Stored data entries
----
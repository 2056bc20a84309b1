-- ===== src/Api/DeepCopy/Views.antt =====
-- What the structs of the API stand for, and that their deep copies copy it.
pub mod ManagedCluster
pub mod ControlPlane
pub mod MachinePool
use cluster_api_provider_cce.Prelude.{ℕ, String, Bool, refl, Option, List}
use cluster_api_provider_cce.Memory.{pure, ◌>>=◌}
use cluster_api_provider_cce.Memory.Copies.{Copied, plain, copy_all}
use cluster_api_provider_cce.Memory.Copies.Lists.{list}
use cluster_api_provider_cce.Memory.Copies.Pointers.{pointer}
use cluster_api_provider_cce.Memory.Copies.Structs.{both, struct, Fieldwise}
use cluster_api_provider_cce.Api.Meta.{ObjectReference, ApiEndpoint}
use cluster_api_provider_cce.Api.Memory.{
  Layouts, Address, Vpc, Subnet, NetworkSpec, EndpointAccess, Taint,
}
use cluster_api_provider_cce.Api.Memory.Cells.{Cell}
use cluster_api_provider_cce.Api.Memory.Kinds.{text_kind, flag_kind}
use cluster_api_provider_cce.Api.DeepCopy.Structs.{
  copy_endpoint_access_into, copy_network_spec_into, copy_taint_into,
}

module _ {L : Layouts} where
  pub copy_taint-fields :
      Fieldwise
        (both (plain {X = Cell L} String) (
          both
            (pointer (plain {X = Cell L} String) (text_kind {L = L}))
            (plain {X = Cell L} String)))
        (λ t. (t.key, (t.value, t.effect)))
        (λ t. record { key = t.0; value = t.1.0; effect = t.1.1 })
        copy_taint_into
  unfolding copy_taint_into
  copy_taint-fields t h = refl

  abbrev pub taint_view : Copied (Cell L) (Taint Address) (Taint Option)
  taint_view =
      struct
        (both (plain {X = Cell L} String) (
          both (pointer (plain {X = Cell L} String) (text_kind {L = L}))
            (plain {X = Cell L} String)))
        (λ t. (t.key, (t.value, t.effect)))
        (λ t. record { key = t.0; value = t.1.0; effect = t.1.1 })
        (λ t. (t.key, (t.value, t.effect))) copy_taint_into (λ t. refl) copy_taint-fields

  pub copy_endpoint_access-fields :
      Fieldwise
        (pointer (plain {X = Cell L} Bool) (flag_kind {L = L}))
        (λ t. t.is_public)
        (λ t. record { is_public = t })
        copy_endpoint_access_into
  unfolding copy_endpoint_access_into
  copy_endpoint_access-fields t h = refl

  abbrev pub endpoint_access_view : Copied (Cell L) (EndpointAccess Address) (EndpointAccess Option)
  endpoint_access_view =
      struct (pointer (plain {X = Cell L} Bool) (flag_kind {L = L})) (λ t. t.is_public)
        (λ t. record { is_public = t }) (λ t. t.is_public) copy_endpoint_access_into (λ t. refl)
        copy_endpoint_access-fields

  pub copy_network_spec-fields :
      Fieldwise
        (both
          (pointer (plain {X = Cell L} String) (text_kind {L = L}))
          (both (plain {X = Cell L} Vpc) (plain {X = Cell L} Subnet)))
        (λ t. (t.mode, (t.vpc, t.subnet)))
        (λ t. record { mode = t.0; vpc = t.1.0; subnet = t.1.1 })
        copy_network_spec_into
  unfolding copy_network_spec_into
  copy_network_spec-fields t h = refl

  abbrev pub network_spec_view : Copied (Cell L) (NetworkSpec Address) (NetworkSpec Option)
  network_spec_view =
      struct
        (both (pointer (plain {X = Cell L} String) (text_kind {L = L}))
          (both (plain {X = Cell L} Vpc) (plain {X = Cell L} Subnet)))
        (λ t. (t.mode, (t.vpc, t.subnet))) (λ t. record { mode = t.0; vpc = t.1.0; subnet = t.1.1 })
        (λ t. (t.mode, (t.vpc, t.subnet))) copy_network_spec_into (λ t. refl)
        copy_network_spec-fields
----
▶ Problem statement
Filter the entries down to the lines that include the string "Address".

▶ Expected output
  Layouts, Address, Vpc, Subnet, NetworkSpec, EndpointAccess, Taint,
  abbrev pub taint_view : Copied (Cell L) (Taint Address) (Taint Option)
  abbrev pub endpoint_access_view : Copied (Cell L) (EndpointAccess Address) (EndpointAccess Option)
  abbrev pub network_spec_view : Copied (Cell L) (NetworkSpec Address) (NetworkSpec Option)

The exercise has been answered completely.